Type of Paper: Review
Title: The Role of Oxidative Stress in Carcinogenesis Induced by Metals and Xenobiotics
Authors: Frank Henkler, Joseph Brinkmann and Andreas Luch
Affiliation: German Federal Institute for Risk Assessment, Department of Product Safety, Berlin, Germany; E-Mail: Andreas.Luch@bfr.bund.de
Abstract: In addition to a range of organ-specific adverse effects induced in the human body, toxic metals, such as cadmium, arsenic and nickel can also promote carcinogenesis. Cellular toxicity of these metals is partly dependent upon generation of reactive oxygen species (ROS) that can induce DNA damage and trigger activity of redox-dependent transcription factors. The precise mechanisms that induce oxidative stress are not fully understood. Further, it is not yet known whether chronic exposures to low doses of arsenic, cadmium or other metals are sufficient to induce mutations in vivo, leading to DNA repair responses, unbalanced cell proliferation and eventually tumorigenesis. Oxidative stress can also be induced by environmental xenobiotics through, e.g., patterns of metabolites capable of fostering continuous release of superoxide. Due to concurrent formation of DNA adducts by mutagenic metabolites of parent compounds, however, the specific contribution and role of superoxide dependent pathways to carcinogenesis is rather difficult to address. We will review here both mechanisms and toxicological consequences of oxidative stress triggered by metals and dietary or environmental pollutants in general. Besides DNA damage, ROS may induce further multiple intracellular signalling pathways, notably NFκB, JNK/SAPK/p38, as wells as Erk/MAPK. These signaling routes can lead to transcriptional induction of target genes that likely trigger proliferation or confer apoptosis resistance to those cells exposed. The importance and significance of these additional tumor-promoting pathways depends on the cell type and tissue, and will be discussed for dermal and oral exposures.

Type of Paper: Article
Title: Proteomic Analysis of Human Cell Models of Arsenic Carcinogenesis
Author: Yue Ge
Affiliation: National Health and Environmental Effects Research Laboratory, US Environmental Protection Agency, Research Triangle Park, NC 27711, USA; E-Mail: Ge.Yue@epamail.epa.gov
Abstract: A variety of cancers including lung and bladder cancers have been linked to arsenic exposure. In order to unravel of the toxic processes as well as to obtain insight into molecular basis and mode of action of arsenic-induced tumorigenesis, we have performed a comprehensive proteomic analysis of human bladder cell line, Urota cells and human primary cells, keratinocytes exposed with arsenic using an integrated redox proteomics approach. Some important genes and pathways involved in oxidative stress have been identified, suggesting the roles of oxidative stress in arsenic-induced carcinogenesis.

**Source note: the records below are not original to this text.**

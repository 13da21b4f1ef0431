-- ===== src/Decoder/Open.antt =====
-- What a decoder opened over an order of backends has told its backend, and what it has tried
-- (mediadecode-ffmpeg/src/decoder/mod.rs, `open_probing`).
use mediadecode.Base.{
  ℕ, ◌≡◌, refl, subst, inl, inr, false, Option, none, some, List, [], ◌∷◌, ◌++◌, append_assoc,
  Option-cases,
}
use mediadecode.Decoder.Libav.{Attempts, attempt, tried, Libav}
use mediadecode.Decoder.Phase.{Failure}
use mediadecode.Decoder.Session.{ProbeState, VideoDecoder}
use mediadecode.Decoder.Calls.{finish_open, open_probing}
use mediadecode.Decoder.Promises.{OnOk, Promises}
use mediadecode.Decoder.Feeding.{Result-split}
use mediadecode.Decoder.Rescue.{InStep}

module _ (F : Libav) (L : Promises F) where
  -- A backend on trial, the ones before it on the log and the ones after it left to try.
  abbrev OnTrial : List F.Backend → F.Backend → Option (ProbeState F) → Type 0
  OnTrial order active none = ⊥
  OnTrial order active (some p) = tried p.attempts ++ (active ∷ p.remaining_backends) ≡ order

  abbrev pub Opens : List F.Backend → VideoDecoder F → Type 0
  Opens order s = InStep F L ([], false) s × OnTrial order s.backend s.probe

  finish_open-Opens :
      (max_frame_bytes : ℕ) (out : F.ScaledOutput) (b : F.Backend) (bs : List F.Backend)
      (log : Attempts F.Backend F.Packet F.Detail) (context : F.Context) (w : F.World)
      → L.told context ≡ ([], false)
      → OnOk F
          (Opens (tried log ++ (b ∷ bs)))
          (finish_open F max_frame_bytes out b bs log context w).1
  unfolding finish_open
  finish_open-Opens max_frame_bytes out b bs log context w fresh =
      let (w1, kept) = F.try_clone_parameters w in
      elim (Result-split kept) [
        | inr (e, failed) ↦ rw (failed, OnOk) tt
        | inl (parameters, cloned) ↦ elim (Option-cases (F.alloc_av_frame w1).1) [
          | inr (e, failed) ↦ rw (cloned, failed, OnOk) tt
          | inl allocated ↦ rw (cloned, allocated, OnOk) ((fresh, refl, refl), refl)
        ]
      ]

  -- A decoder opened over an order of backends, of which the log holds the ones tried before, has
  -- told its backend nothing, and keeps the order: first the backends on its log, then its own, then
  -- the ones left to try.
  pub open_probing-Opens :
      (max_frame_bytes : ℕ) (out : F.ScaledOutput) (order : List F.Backend)
      (log : Attempts F.Backend F.Packet F.Detail) (w : F.World)
      → OnOk F (Opens (tried log ++ order)) (open_probing F max_frame_bytes out order log w).1
  unfolding open_probing
  open_probing-Opens max_frame_bytes out [] log w = tt
  open_probing-Opens max_frame_bytes out (b ∷ bs) log w =
      let (w1, cloned) = F.try_clone_parameters w in
      let (w2, built) = F.build_state b w1 in
      let later : (e : Failure F) (v : F.World)
          → OnOk F (Opens (tried log ++ (b ∷ bs)))
              (open_probing F max_frame_bytes out bs (attempt log b e) v).1 =
        λ e v.
          subst
            (λ l. OnOk F (Opens l) (open_probing F max_frame_bytes out bs (attempt log b e) v).1)
            (append_assoc (tried log) (b ∷ []) bs)
            (open_probing-Opens max_frame_bytes out bs (attempt log b e) v) in
      elim (Result-split cloned) [
        | inr (e, failed) ↦ rw (failed, OnOk) (later e w1)
        | inl (parameters, copied) ↦ elim (Result-split built) [
          | inr (e, failed) ↦ rw (copied, failed, OnOk) (later e w2)
          | inl (context, opened) ↦
              rw (copied, opened, OnOk)
                (finish_open-Opens max_frame_bytes out b bs log context w2
                  (subst (OnOk F (λ d. L.told d ≡ ([], false))) opened (L.told_build b w1)))
        ]
      ]
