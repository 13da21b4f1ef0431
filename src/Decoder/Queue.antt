-- ===== src/Decoder/Queue.antt =====
-- The frames queued in a replay stay within the caps on their number and bytes
-- (mediadecode-ffmpeg/src/decoder/mod.rs, `drain_into_pending`).
use mediadecode.Base.{
  ℕ, zero, suc, ◌+◌, ◌≤◌, ◌<◌, ◌≡◌, refl, inl, inr, Bool, true, false, ◌||◌, Option, none, some,
  List, [], ◌∷◌, ◌++◌, arith, ltb, leb, Bool-cases, Option-cases, u64_max, saturating_add, length,
  length-append, Returns, OnSome, OnSome-bind, Result, ok, err,
}
use mediadecode.Decoder.Libav.{AvError, other, Libav}
use mediadecode.Decoder.Footprint.{
  judge_hw_transfer, estimate_transfer_bytes, cpu_frame_bytes, sum_side_data_bytes,
}
use mediadecode.Decoder.Replay.{
  max_probe_pending_frames, Caps, Candidate, queue_download, admit_frame, queue_sized,
  size_download, drain_into_pending, offer, replay_packets, replay,
}
use mediadecode.Decoder.Promises.{OnOk, Promises}
use mediadecode.Decoder.Phase.{is_eagain}
use mediadecode.Decoder.Feeding.{Result-split, replay-Heard}

module _ (F : Libav) (caps : Caps F) where
  -- A frame whose size cannot be told counts as more than any `usize`.
  abbrev cost : Option ℕ → ℕ
  cost none = suc u64_max
  cost (some bytes) = bytes

  abbrev pub total : List F.CpuFrame → ℕ
  total [] = 0
  total (frame ∷ frames) = cost (cpu_frame_bytes F frame) + total frames

  total-snoc :
      (frames : List F.CpuFrame) (frame : F.CpuFrame)
      → total (frames ++ (frame ∷ [])) ≡ total frames + cost (cpu_frame_bytes F frame)
  total-snoc [] frame = omega arith
  total-snoc (f ∷ fs) frame = omega (arith, total-snoc fs frame)

  abbrev pub Fits : Candidate F → Type 0
  Fits c =
      (length c.pending ≤ max_probe_pending_frames)
      × (total c.pending ≤ c.pending_bytes)
      × (c.pending_bytes ≤ caps.max_bytes)

  abbrev pub FitsAfter : Candidate F × Option AvError → Type 0
  FitsAfter r = Fits r.0

  -- A refusal or what follows where there is none.
  unless-Fits :
      (refused : Bool) (r r' : Candidate F × Option AvError)
      → FitsAfter r
      → (refused ≡ false → FitsAfter r')
      → FitsAfter (elim refused [ true ↦ r | false ↦ r' ])
  unless-Fits true r r' h h' = h
  unless-Fits false r r' h h' = h' refl

  when-Fits :
      (allowed : Bool) (r r' : Candidate F × Option AvError)
      → FitsAfter r
      → (allowed ≡ true → FitsAfter r')
      → FitsAfter (elim allowed [ false ↦ r | true ↦ r' ])
  when-Fits false r r' h h' = h
  when-Fits true r r' h h' = h' refl

  module _ (L : Promises F) (narrow : caps.max_bytes < u64_max) where
    copied-Fits :
        (cpu : F.CpuFrame) (pixel_bytes new_total : ℕ) (c : Candidate F)
        (r : F.World × Result AvError F.CpuFrame)
        → length c.pending < max_probe_pending_frames
        → Fits c
        → cpu_frame_bytes F cpu ≡ some pixel_bytes
        → c.pending_bytes + pixel_bytes ≤ new_total
        → new_total ≤ caps.max_bytes
        → OnOk F (λ cpu'. cpu_frame_bytes F cpu' ≡ cpu_frame_bytes F cpu) r.1
        → FitsAfter (elim (r.1) [
          | err e ↦ (record c { world = r.0 }, some e)
          | ok cpu' ↦ (
            record c { pending = c.pending ++ (cpu' ∷ []); pending_bytes = new_total; world = r.0 },
            none,
          )
        ])
    copied-Fits cpu pixel_bytes new_total c (w, ok cpu') below fits sized covers under same = (
      omega (arith, length-append c.pending (cpu' ∷ []), below),
      rw (total-snoc c.pending cpu', same, sized) (omega (arith, fits.1, covers)),
      under,
    )
    copied-Fits cpu pixel_bytes new_total c (w, err e) below fits sized covers under same = fits

    queue_sized-Fits :
        (surface : F.Surface) (cpu : F.CpuFrame) (pixel_bytes : ℕ) (c : Candidate F)
        → length c.pending < max_probe_pending_frames
        → Fits c
        → cpu_frame_bytes F cpu ≡ some pixel_bytes
        → FitsAfter (queue_sized F caps surface cpu pixel_bytes c)
    unfolding queue_sized
    queue_sized-Fits surface cpu pixel_bytes c below fits sized =
        let side = sum_side_data_bytes F surface in
        let covered = saturating_add u64_max c.pending_bytes pixel_bytes in
        let new_total = saturating_add u64_max covered side in
        unless-Fits (ltb caps.max_bytes new_total) (c, some (other F.enomem)) _ fits
          (λ under.
            copied-Fits cpu pixel_bytes new_total c (F.copy_frame_props cpu surface c.world) below
              fits sized (ground (arith, narrow, under)) (ground (arith, under))
              (L.same_buffers cpu surface c.world))

    size_download-Fits :
        (surface : F.Surface) (cpu : F.CpuFrame) (c : Candidate F)
        → length c.pending < max_probe_pending_frames
        → Fits c
        → FitsAfter (size_download F caps surface cpu c)
    unfolding size_download
    size_download-Fits surface cpu c below fits =
        when-Fits (F.is_supported_cpu_pix_fmt cpu) (c, some (other F.einval)) _ fits
          (λ _. sized (cpu_frame_bytes F cpu) refl)
      where
        sized :
            (bytes : Option ℕ)
            → cpu_frame_bytes F cpu ≡ bytes
            → FitsAfter (elim bytes [
              | none ↦ (c, some (other F.enomem))
              | some pixel_bytes ↦ queue_sized F caps surface cpu pixel_bytes c
            ])
        sized none known = fits
        sized (some pixel_bytes) known = queue_sized-Fits surface cpu pixel_bytes c below fits known

    queue_download-Fits :
        (surface : F.Surface) (c : Candidate F)
        → length c.pending < max_probe_pending_frames
        → Fits c
        → FitsAfter (queue_download F caps surface c)
    unfolding queue_download
    queue_download-Fits surface c below fits =
        let (w1, allocated) = F.alloc_av_frame c.world in
        let (w2, downloaded) = F.transfer_data surface w1 in on w1 allocated w2 downloaded
      where
        on :
            (w1 : F.World) (allocated : Option AvError) (w2 : F.World)
            (downloaded : Result AvError F.CpuFrame)
            → FitsAfter (elim allocated [
              | some e ↦ (record c { world = w1 }, some e)
              | none ↦ elim downloaded [
                | err e ↦ (record c { world = w2 }, some e)
                | ok cpu ↦ size_download F caps surface cpu (record c { world = w2 })
              ]
            ])
        on w1 (some e) w2 downloaded = fits
        on w1 none w2 (err e) = fits
        on w1 none w2 (ok cpu) = size_download-Fits surface cpu (record c { world = w2 }) below fits

    admit_frame-Fits :
        (surface : F.Surface) (c : Candidate F) → Fits c → FitsAfter (admit_frame F caps surface c)
    unfolding admit_frame
    admit_frame-Fits surface c fits =
        unless-Fits
          (leb max_probe_pending_frames (length c.pending) || leb caps.max_bytes c.pending_bytes)
          (c, some (other F.enomem)) _ fits
          (λ below. estimated (estimate_transfer_bytes F surface) (ground (arith, below)))
      where
        judged :
            (refused : Option (ℕ × ℕ))
            → length c.pending < max_probe_pending_frames
            → FitsAfter (elim refused [
              | some refusal ↦ (c, some (other F.einval))
              | none ↦ queue_download F caps surface c
            ])
        judged (some refusal) below = fits
        judged none below = queue_download-Fits surface c below fits

        estimated :
            (bytes : Option ℕ)
            → length c.pending < max_probe_pending_frames
            → FitsAfter (elim bytes [
              | none ↦ (c, some (other F.enomem))
              | some estimated_bytes ↦
                  elim (ltb caps.max_bytes
                    (saturating_add u64_max c.pending_bytes estimated_bytes)) [
                      | true ↦ (c, some (other F.enomem))
                      | false ↦ elim (judge_hw_transfer F surface caps.max_frame_bytes) [
                        | some refusal ↦ (c, some (other F.einval))
                        | none ↦ queue_download F caps surface c
                      ]
                    ]
            ])
        estimated none below = fits
        estimated (some bytes) below =
            unless-Fits (ltb caps.max_bytes (saturating_add u64_max c.pending_bytes bytes))
              (c, some (other F.enomem)) _ fits
              (λ _. judged (judge_hw_transfer F surface caps.max_frame_bytes) below)

    -- A step that goes on unless it failed.
    proceed-Fits :
        (r : Candidate F × Option AvError)
        (next : Candidate F → Option (Candidate F × Option AvError))
        → FitsAfter r
        → ((c : Candidate F) → Fits c → OnSome FitsAfter (next c))
        → OnSome FitsAfter (elim (r.1) [ some e ↦ some (r.0, some e) | none ↦ next (r.0) ])
    proceed-Fits (c, some e) next h g = h
    proceed-Fits (c, none) next h g = g c h

    drain_into_pending-Fits :
        (fuel : ℕ) (c : Candidate F) → Fits c → OnSome FitsAfter (drain_into_pending F caps fuel c)
    unfolding drain_into_pending
    drain_into_pending-Fits zero c fits = tt
    drain_into_pending-Fits (suc fuel) c fits =
        let c1 : Candidate F = record c { inner = (F.receive_frame c.inner).0 } in
        elim (Result-split (F.receive_frame c.inner).1) [
          | inr (e, answered) ↦ rw (answered, OnSome) fits
          | inl (surface, answered) ↦
              rw (answered, OnSome)
                (proceed-Fits (admit_frame F caps surface c1) (drain_into_pending F caps fuel)
                  (admit_frame-Fits surface c1 fits) (drain_into_pending-Fits fuel))
        ]

    offer-Fits :
        (send : F.Context → F.Context × Option AvError) (rounds : ℕ) (c : Candidate F)
        → Fits c
        → OnSome FitsAfter (offer F caps send rounds c)
    unfolding offer
    offer-Fits send zero c fits = tt
    offer-Fits send (suc rounds) c fits =
        let c1 : Candidate F = record c { inner = (send c.inner).0 } in
        elim (Option-cases (send c.inner).1) [
          | inl answered ↦ rw (answered, OnSome) fits
          | inr (e, answered) ↦ elim (Bool-cases (is_eagain F e)) [
            | inr lasting ↦ rw (answered, lasting, OnSome) fits
            | inl again ↦
                rw (answered, again, OnSome)
                  (OnSome-bind FitsAfter FitsAfter
                    (drain_into_pending F caps (suc max_probe_pending_frames) c1) _
                    (drain_into_pending-Fits (suc max_probe_pending_frames) c1 fits)
                    (λ r h. proceed-Fits r (offer F caps send rounds) h (offer-Fits send rounds)))
          ]
        ]

    replay_packets-Fits :
        (rounds : ℕ) (packets : List F.Packet) (c : Candidate F)
        → Fits c
        → OnSome FitsAfter (replay_packets F caps rounds packets c)
    unfolding replay_packets
    replay_packets-Fits rounds [] c fits = fits
    replay_packets-Fits rounds (kept ∷ packets) c fits =
        let c1 : Candidate F = record c { world = (F.try_clone_packet kept c.world).0 } in
        elim (Result-split (F.try_clone_packet kept c.world).1) [
          | inr (e, copied) ↦ rw (copied, OnSome) fits
          | inl (pkt, copied) ↦
              rw (copied, OnSome)
                (OnSome-bind FitsAfter FitsAfter (offer F caps (F.send_packet pkt) rounds c1) _
                  (offer-Fits (F.send_packet pkt) rounds c1 fits)
                  (λ r h.
                    proceed-Fits r (replay_packets F caps rounds packets) h
                      (replay_packets-Fits rounds packets)))
        ]

    -- A replay, if it ends.
    replayed-Fits :
        (rounds : ℕ) (eof_sent : Bool) (packets : List F.Packet) (c : Candidate F)
        → Fits c
        → OnSome FitsAfter (replay F caps rounds eof_sent packets c)
    unfolding replay
    replayed-Fits rounds eof_sent packets c fits =
        OnSome-bind FitsAfter FitsAfter (replay_packets F caps rounds packets c) _
          (replay_packets-Fits rounds packets c fits)
          (λ r h.
            proceed-Fits r
              (λ d. elim eof_sent [
                | true ↦ offer F caps F.send_eof rounds d
                | false ↦ some (d, none)
              ])
              h (λ d fits'. end eof_sent d fits'))
      where
        end :
            (eof_sent : Bool) (d : Candidate F)
            → Fits d
            → OnSome FitsAfter
                (elim eof_sent [ true ↦ offer F caps F.send_eof rounds d | false ↦ some (d, none) ])
        end true d fits' = offer-Fits F.send_eof rounds d fits'
        end false d fits' = fits'

    ended-Fits :
        (P : Candidate F × Option AvError → Type 0) (m : Option (Candidate F × Option AvError))
        → Returns P m
        → OnSome FitsAfter m
        → Returns FitsAfter m
    ended-Fits P none ends h = ends
    ended-Fits P (some r) ends h = h

    -- A replay that starts with a queue within its caps ends, for two rounds or more, though the
    -- candidate may answer that it must be drained first, and it ends with a queue within its caps,
    -- whatever the candidate answers and whether or not the replay fails: at most 16 frames, whose
    -- buffers take at most the bytes charged, which are at most the decoder's cap, if that is below
    -- the last `usize`.
    pub replay-Fits :
        (rounds : ℕ) (eof_sent : Bool) (packets : List F.Packet) (c : Candidate F)
        → Fits c
        → Returns FitsAfter (replay F caps (suc (suc rounds)) eof_sent packets c)
    replay-Fits rounds eof_sent packets c fits =
        ended-Fits _ (replay F caps (suc (suc rounds)) eof_sent packets c)
          (replay-Heard F caps L rounds eof_sent packets c fits.0)
          (replayed-Fits (suc (suc rounds)) eof_sent packets c fits)
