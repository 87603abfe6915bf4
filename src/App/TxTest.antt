-- ===== src/App/TxTest.antt =====
-- main_tx_test of userspace/test_app/src/tc_test.c: the registers are set up, a ramp is sent in
-- packets, and the reset is taken again. The table of sines, which nothing reads, is left out.
pub mod Packets
use streamio.Common.{
  ℕ, zero, suc, ◌+◌, ◌*◌, ◌%◌, ◌^◌, ◌<◌, ◌≤◌, ◌≡◌, refl, sym, ap, ap₂, ◌∙◌, Option, none, some,
  List, [], ◌∷◌, ◌++◌, length, length-append, length-to_le, to_le, ◌>>=◌, arith,
}
use streamio.Dma.{buffer_size, buffer_count}
use streamio.Local.{LocalBuffer, Answers}
use streamio.Local.Ring.{RingIsValid}
use streamio.Local.Drain.{IsBack, io_finish_stream_local-IsBack}
use streamio.Remote.Deliver.Calls.{Willing}
use streamio.Backend.{
  MappedChannel, MappedDevice, Registers, io_write_mapped_device, io_sync_stream_device,
}
use streamio.Backend.Local.{stream_local}
use streamio.Backend.Writes.{Setting, write_all, write_all-after, after, AllFit, device}
use streamio.App.{BufferHeader, header_bytes, word_bytes, buffer_in_bytes, Transmitter, send_packet}
use streamio.App.Transmit.{
  packet_bytes, Sends, send_packet-Sends, no_rounds, one_round, length-word_bytes,
}

-- packet_size
abbrev pub tx_test_size : ℕ
tx_test_size = 2048

-- The calls of io_write_mapped_device before the loop, and the one behind it.
abbrev pub tx_test_setup : List Setting
tx_test_setup = (5, 3) ∷ (4, 1) ∷ (6, 1024) ∷ (7, 0) ∷ (5, 0) ∷ []

abbrev pub tx_test_reset : List Setting
tx_test_reset = (5, 3) ∷ []

-- The last `n` rounds of the inner loop: the words that it stores, and `phase` behind it.
pub fill_phase : ℕ → ℕ → List ℕ × ℕ
fill_phase zero phase = ([], phase)
fill_phase (suc n) phase =
    let (ws, p) = fill_phase n ((phase + 2 ^ 8) % 2 ^ 32) in (phase % 2 ^ 16 ∷ ws, p)

abbrev pub tx_test_header : ℕ → BufferHeader
tx_test_header j = record {
  decode_time_stamp = j;
  tx_time_stamp = j + 1;
  packet_length = tx_test_size;
}

-- The last `n` rounds of the outer loop, from round `j` on.
pub tx_test_loop : (ℕ → Answers) → ℕ → ℕ → ℕ → Transmitter → Option Transmitter
tx_test_loop answers zero j phase t = some t
tx_test_loop answers (suc n) j phase t = do
  let filled = fill_phase tx_test_size phase
  let bytes = header_bytes (tx_test_header j) ++ word_bytes filled.0
  t' ← send_packet (answers j) bytes (buffer_in_bytes (tx_test_header j) % 2 ^ 32) t
  tx_test_loop answers n (j + 1) filled.1 t'

-- `main_tx_test` with its devices open. `answers` are what the calls of each round meet, `last` those
-- of the sync; the source makes 2000000 rounds.
pub main_tx_test :
    {S : Type 0}
    → MappedDevice S
    → (ℕ → Answers)
    → (ℕ → Answers)
    → ℕ
    → S
    → LocalBuffer
    → Option (S × Transmitter)
main_tx_test map_dev answers last packet_loops s l = do
  s1 ← write_all map_dev tx_test_setup s
  t ← tx_test_loop answers packet_loops 0 1 (record { device = l; handed = [] })
  l' ← io_sync_stream_device (stream_local (last 0) last) t.device
  s2 ← write_all map_dev tx_test_reset s1
  some (s2, record t { device = l' })
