-- ===== src/App/LoopTest.antt =====
-- main_txrx_test of userspace/test_app/src/tc_test.c, with its devices open: in each round a packet is
-- sent and one asked for, and both devices are synced. `start` is the low half of the time.
pub mod Stale
pub mod Fill
pub mod Ask
pub mod Rounds
use streamio.Common.{
  ℕ, zero, suc, ◌+◌, ◌*◌, ◌%◌, ◌^◌, Option, none, some, List, [], ◌∷◌, ◌++◌, length, get_elem?,
  take, drop, replicate, from_le, ◌>>=◌,
}
use streamio.Dma.{buffer_size, sizeof_channel_buffer}
use streamio.Local.{LocalBuffer, Answers}
use streamio.Remote.Deliver.{put_bytes, get_buffer}
use streamio.Backend.{
  MappedDevice, io_write_stream_device, io_read_stream_device, io_sync_stream_device,
}
use streamio.Backend.Local.{stream_local}
use streamio.Backend.Writes.{Setting, write_all}
use streamio.App.{BufferHeader, header_bytes, word_bytes, buffer_in_bytes, Transmitter}
use streamio.App.TxTest.{tx_test_reset}

-- packet_size
abbrev pub loop_size : ℕ
loop_size = 16384

abbrev pub loop_setup : List Setting
loop_setup = (5, 3) ∷ (6, 16384) ∷ (7, 16) ∷ (5, 0) ∷ []

abbrev pub loop_header : ℕ → ℕ → BufferHeader
loop_header start j = record {
  decode_time_stamp = start;
  tx_time_stamp = j;
  packet_length = loop_size;
}

-- The last `n` rounds of the inner loop, from the index `i` on: start + i + j * packet_size
pub loop_words : ℕ → ℕ → ℕ → ℕ → List ℕ
loop_words zero i start j = []
loop_words (suc n) i start j = (start + i + j * loop_size) % 2 ^ 32 ∷ loop_words n (i + 1) start j

-- `header.packet_length` of the bytes of a buffer.
abbrev pub stale_length : List ℕ → ℕ
stale_length bytes = from_le (take 4 (drop 8 bytes))

-- `BUFFER_IN_BYTES` of the buffer as it was found, of which `memset` fills as many bytes.
abbrev pub stale_bytes : List ℕ → ℕ
stale_bytes bytes = (stale_length bytes * 4 + 12) % 2 ^ 64

-- What the calls of a round meet.
pub record LoopAnswers : Type 0 where
  pub tx : Answers
  pub rx : Answers
  pub tx_sync : ℕ → Answers
  pub rx_sync : ℕ → Answers

-- The sender, and the device that receives.
pub record LoopState : Type 0 where
  pub sender : Transmitter
  pub receiver : LocalBuffer

pub loop_round : LoopAnswers → ℕ → ℕ → LoopState → Option LoopState
loop_round a start j s = do
  (l, id) ← get_buffer a.tx s.sender.device
  b ← get_elem? l.channel.buffer_table id
  c1 ← put_bytes id 0 (replicate (stale_bytes b.buffer) 255) l.channel
  c2 ← put_bytes id 0 (header_bytes (loop_header start j)) c1
  (r, rid) ← get_buffer a.rx s.receiver
  d ← put_bytes rid 0 (replicate 8 255) r.channel
  c3 ← put_bytes id 12 (word_bytes (loop_words loop_size 0 start j)) c2
  b' ← get_elem? c3.buffer_table id
  let size = buffer_in_bytes (loop_header start j) % 2 ^ 32
  l1 ←
      io_write_stream_device (stream_local a.tx a.tx_sync) (sizeof_channel_buffer * id) size
        (record l { channel = c3 })
  r1 ←
      io_read_stream_device (stream_local a.rx a.rx_sync) (sizeof_channel_buffer * rid) buffer_size
        (record r { channel = d })
  l2 ← io_sync_stream_device (stream_local a.tx a.tx_sync) l1
  r2 ← io_sync_stream_device (stream_local a.rx a.rx_sync) r1
  some (record {
    sender = record { device = l2; handed = s.sender.handed ++ (take size b'.buffer ∷ []) };
    receiver = r2;
  })

-- The last `n` rounds, from round `j` on.
pub loop_rounds : (ℕ → LoopAnswers) → ℕ → ℕ → ℕ → LoopState → Option LoopState
loop_rounds answers start zero j s = some s
loop_rounds answers start (suc n) j s =
    loop_round (answers j) start j s >>= loop_rounds answers start n (j + 1)

-- The source makes 1000 rounds.
pub main_txrx_test :
    {S : Type 0}
    → MappedDevice S
    → (ℕ → LoopAnswers)
    → ℕ
    → ℕ
    → S
    → LoopState
    → Option (S × LoopState)
main_txrx_test map_dev answers start packet_loops s devices = do
  s1 ← write_all map_dev loop_setup s
  done ← loop_rounds answers start packet_loops 0 devices
  s2 ← write_all map_dev tx_test_reset s1
  some (s2, done)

Title: Oxidative Stress in the Transition to Androgen Independence in Prostate Cancer
Authors: Laure Marignol ^1,2, Donal Hollywood ² and Mark Lawler ²
Affiliations: ¹Division of Radiation Therapy, Trinity College Dublin, Ireland
² Department of Haematology and Academic Unit of Clinical and Molecular Oncology, Institute of Molecular Medicine, St James’s Hospital and Trinity College Dublin, Ireland; E-Mail: mplawler@tcd.ie
Abstract: Growing evidence has linked prostate cancer carcinogenesis with early loss of cellular protection to oxidative damage, participating in increased DNA damage and genetic instability, leading to aggressive treatment resistant disease. In prostate cancer, the transition from androgen-dependence to androgen-independence is a key event. Oxidative stress and tumour hypoxia have largely been associated with disease progression and treatment failure, but to date the effect of oxidative stress on known mechanisms of androgen resistance and disease progression is poorly understood. This review thus proposes to examine the involvement of oxidative stress in the transition to androgen-independence in prostate tumours and to examine how tumour hypoxia may be harnessed for therapeutic benefit.